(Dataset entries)
■ ■ ■
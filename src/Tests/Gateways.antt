-- ===== src/Tests/Gateways.antt =====
-- The gateways, the inspections and the framing at concrete inputs.
use backhaul_plus.Http.Host.{check_method, check_target, check_version}
use backhaul_plus.Strings.{contains, equal, index_byte}
use backhaul_plus.Stream.{write}
use backhaul_plus.Prelude.{
  ℕ, ◌≡◌, refl, ◌++◌, List, [], ◌∷◌, some, pos, length, arith, true, suc, ◌+◌, ◌≤◌, zero,
}
use backhaul_plus.Gateway.{
  GatewayConfig, HttpGatewayConfig, GatewayRoute, handle_conn, handle_http_conn,
}
use backhaul_plus.Gateway.Delivery.{
  Delivers, found_host, handle_conn-Delivers, handle_http_conn-Delivers,
}
use backhaul_plus.Http.Headers.{
  Line, field, header_bytes, hosts, decide_host, parse_http_host_from_header-decide_host,
}
use backhaul_plus.Http.Host.{parse_http_host_from_header, validate_request_line_bytes}
use backhaul_plus.Http.Preread.{read_http_host, effective_max, preread_chunk_size}
use backhaul_plus.Http.Preread.Replay.{read_http_host_lem}
use backhaul_plus.Http.RequestLine.{IsRequestLine, validate_request_line_bytes_iff}
use backhaul_plus.Maps.{Map}
use backhaul_plus.Prefixed.{NetConn, new_prefixed_conn}
use backhaul_plus.Registry.{Registry, TcpTransport}
use backhaul_plus.Result.{ok, IsSafe}
use backhaul_plus.Sni.Hello.{ClientHello, IsWellFormed, client_hello}
use backhaul_plus.Sni.Hello.RoundTrip.{parse_sni_from_client_hello-client_hello}
use backhaul_plus.Sni.Inspect.{read_tls_client_hello_sni}
use backhaul_plus.Sni.Inspect.Replay.{
  read_tls_client_hello_sni-IsSafe, read_tls_client_hello_sni-replays,
  read_tls_client_hello_sni-bounded,
}
use backhaul_plus.Sni.Parse.{parse_sni_from_client_hello}
use backhaul_plus.Sni.Safety.{parse_sni_from_client_hello-IsSafe}
use backhaul_plus.Stream.{Conn, stream, eof}
use backhaul_plus.Strings.{Bytes, codes}
use backhaul_plus.Tests.{conn_of}
use backhaul_plus.Wire.{net_conn, send_binary_transport_string, receive_binary_transport_string}
use backhaul_plus.Wire.RoundTrip.{incoming, receive_binary_transport_string-send}

abbrev zeros : ℕ → Bytes
zeros zero = []
zeros (suc n) = 0 ∷ zeros n

abbrev sample_hello : ClientHello
sample_hello = record {
  version_and_random = zeros 34;
  session_id = [];
  cipher_suites = 19 ∷ 1 ∷ [];
  compression_methods = 0 ∷ [];
  extensions_before = [];
  names_before = [];
  host = codes "a.b";
  names_after = [];
  extensions_after = [];
}

sample_hello-IsWellFormed : IsWellFormed sample_hello
sample_hello-IsWellFormed = record {
  version_and_random_size = refl;
  session_id_size = omega arith;
  compression_methods_size = omega arith;
  total_size = omega arith;
  other_extensions = tt;
  other_names = tt;
  host_given = λ e. cc;
}

abbrev sample_body : Bytes
sample_body = client_hello sample_hello

abbrev sample_record : Bytes
sample_record =
    22 ∷ 3 ∷ 1 ∷ 0 ∷ (length sample_body + 4) ∷ 1 ∷ 0 ∷ 0 ∷ length sample_body ∷ sample_body

abbrev sample_runtime : TcpTransport
sample_runtime = record {
  ready = true;
  channel_size = 4;
  local_channel = [];
  req_new_conn_chan = 0;
}

abbrev sample_registry : Registry
sample_registry = (codes "TR1", some sample_runtime) ∷ []

abbrev sample_routes : Map GatewayRoute
sample_routes = (codes "a.b", record { server = codes "TR1"; target = codes "443" }) ∷ []

abbrev sample_gateway : GatewayConfig
sample_gateway = record {
  name = codes "g";
  listen_addr = codes ":443";
  inspect_timeout = pos 1_000_000_000;
  default_action = codes "reject";
  routes = sample_routes;
}

abbrev sample_http_gateway : HttpGatewayConfig
sample_http_gateway = record {
  name = codes "h";
  listen_addr = codes ":80";
  inspect_timeout = pos 1_000_000_000;
  max_header_bytes = pos 256;
  default_action = codes "reject";
  routes = sample_routes;
}

abbrev sample_tls : Conn
sample_tls = conn_of (sample_record ∷ codes "more" ∷ [])

abbrev request_line : Bytes
request_line = codes "GET / HTTP/1.1"

abbrev request_lines : List Line
request_lines = field (codes "Host") (codes " A.b:80") ∷ []

abbrev sample_request : Bytes
sample_request = request_line ++ (b'\r' ∷ b'\n' ∷ header_bytes request_lines)

abbrev sample_http : Conn
sample_http = conn_of (sample_request ∷ [])

handle_conn-Delivers_example :
    Delivers
      (stream sample_tls)
      sample_gateway.routes
      sample_registry
      (found_host (read_tls_client_hello_sni sample_tls sample_gateway.inspect_timeout).0)
      (handle_conn 7 sample_gateway sample_registry sample_tls)
handle_conn-Delivers_example = handle_conn-Delivers 7 sample_gateway sample_registry sample_tls

handle_http_conn-Delivers_example :
    Delivers
      (stream sample_http)
      sample_http_gateway.routes
      sample_registry
      (found_host
        (read_http_host sample_http sample_http_gateway.inspect_timeout
          sample_http_gateway.max_header_bytes).0)
      (handle_http_conn 7 sample_http_gateway sample_registry sample_http)
handle_http_conn-Delivers_example =
    handle_http_conn-Delivers 7 sample_http_gateway sample_registry sample_http

parse_sni_from_client_hello-client_hello_example :
    parse_sni_from_client_hello (client_hello sample_hello) ≡ ok (codes "a.b")
parse_sni_from_client_hello-client_hello_example =
    parse_sni_from_client_hello-client_hello sample_hello sample_hello-IsWellFormed

parse_http_host_from_header-decide_host_example :
    parse_http_host_from_header sample_request ≡ decide_host (hosts request_lines)
unfolding validate_request_line_bytes check_method index_byte check_target check_version equal
    contains
parse_http_host_from_header-decide_host_example =
    parse_http_host_from_header-decide_host request_line request_lines refl (λ e. cc) refl
      ((refl, refl), tt)

receive_binary_transport_string-send_example :
    ((receive_binary_transport_string
        (net_conn (conn_of ((0 ∷ 2 ∷ 1 ∷ []) ∷ codes "hi" ∷ codes "!" ∷ [])))).0
      ≡ ok (codes "hi", 1))
    × (incoming
          (receive_binary_transport_string
            (net_conn (conn_of ((0 ∷ 2 ∷ 1 ∷ []) ∷ codes "hi" ∷ codes "!" ∷ [])))).1
        ≡ codes "!")
unfolding send_binary_transport_string write
receive_binary_transport_string-send_example =
    receive_binary_transport_string-send (codes "hi") (codes "!") (net_conn (conn_of []))
      (net_conn (conn_of ((0 ∷ 2 ∷ 1 ∷ []) ∷ codes "hi" ∷ codes "!" ∷ []))) 1 (refl, refl) tt refl

read_tls_client_hello_sni-replays_example :
    (read_tls_client_hello_sni sample_tls (pos 0)).1
      ++ stream (read_tls_client_hello_sni sample_tls (pos 0)).2
    ≡ stream sample_tls
unfolding read_tls_client_hello_sni backhaul_plus.Sni.Inspect.read_client_hello
    backhaul_plus.Sni.Inspect.read_record backhaul_plus.Sni.Inspect.read_block
    backhaul_plus.Sni.Inspect.read_until backhaul_plus.Sni.Inspect.host_of_message
    backhaul_plus.Sni.Inspect.with_deadline backhaul_plus.Stream.read_full
    backhaul_plus.Stream.read_full_segments backhaul_plus.Sni.Parse.at backhaul_plus.Sni.Parse.slice
    backhaul_plus.Sni.Parse.uint16_at backhaul_plus.Sni.Parse.parse_extensions
    backhaul_plus.Sni.Parse.extension_loop backhaul_plus.Sni.Parse.extension_entry
    backhaul_plus.Sni.Parse.parse_server_name_extension backhaul_plus.Sni.Parse.name_loop
    backhaul_plus.Sni.Parse.name_entry backhaul_plus.Sni.Parse.normalize_sni_host
    parse_sni_from_client_hello backhaul_plus.Strings.equal backhaul_plus.Strings.has_suffix
    backhaul_plus.Strings.to_lower backhaul_plus.Strings.trim_space
    backhaul_plus.Strings.trim_suffix
read_tls_client_hello_sni-replays_example =
    read_tls_client_hello_sni-replays sample_tls (pos 0) {host = codes "a.b"} refl

read_tls_client_hello_sni-IsSafe_example : IsSafe (read_tls_client_hello_sni sample_tls (pos 0)).0
read_tls_client_hello_sni-IsSafe_example = read_tls_client_hello_sni-IsSafe sample_tls (pos 0)

read_tls_client_hello_sni-bounded_example :
    length (read_tls_client_hello_sni sample_tls (pos 0)).1 ≤ 65536
read_tls_client_hello_sni-bounded_example = read_tls_client_hello_sni-bounded sample_tls (pos 0)

read_http_host_lem_example :
    IsSafe (read_http_host sample_http (pos 0) (pos 256)).0
    × ((read_http_host sample_http (pos 0) (pos 256)).1
          ++ stream (read_http_host sample_http (pos 0) (pos 256)).2
        ≡ stream sample_http)
    × (length (read_http_host sample_http (pos 0) (pos 256)).1
        ≤ effective_max (pos 256) + preread_chunk_size)
read_http_host_lem_example = read_http_host_lem sample_http (pos 0) (pos 256)

parse_sni_from_client_hello-IsSafe_example : IsSafe (parse_sni_from_client_hello (1 ∷ 2 ∷ 3 ∷ []))
parse_sni_from_client_hello-IsSafe_example = parse_sni_from_client_hello-IsSafe (1 ∷ 2 ∷ 3 ∷ [])

validate_request_line_bytes_iff_example :
    (validate_request_line_bytes request_line ≡ ok tt → IsRequestLine request_line)
    × (IsRequestLine request_line → validate_request_line_bytes request_line ≡ ok tt)
validate_request_line_bytes_iff_example = validate_request_line_bytes_iff request_line

abbrev sample_wrapped : NetConn
sample_wrapped = new_prefixed_conn (conn_of (codes "cd" ∷ [])) (codes "ab")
■ ■ ■
#### WORK TO COMPLETE
When you reach the line containing "request_line = codes" in the data above, start copying exactly, and stop after the line containing "(stream sample_tls)".

#### WRITTEN RESPONSE
request_line = codes "GET / HTTP/1.1"

abbrev request_lines : List Line
request_lines = field (codes "Host") (codes " A.b:80") ∷ []

abbrev sample_request : Bytes
sample_request = request_line ++ (b'\r' ∷ b'\n' ∷ header_bytes request_lines)

abbrev sample_http : Conn
sample_http = conn_of (sample_request ∷ [])

handle_conn-Delivers_example :
    Delivers
      (stream sample_tls)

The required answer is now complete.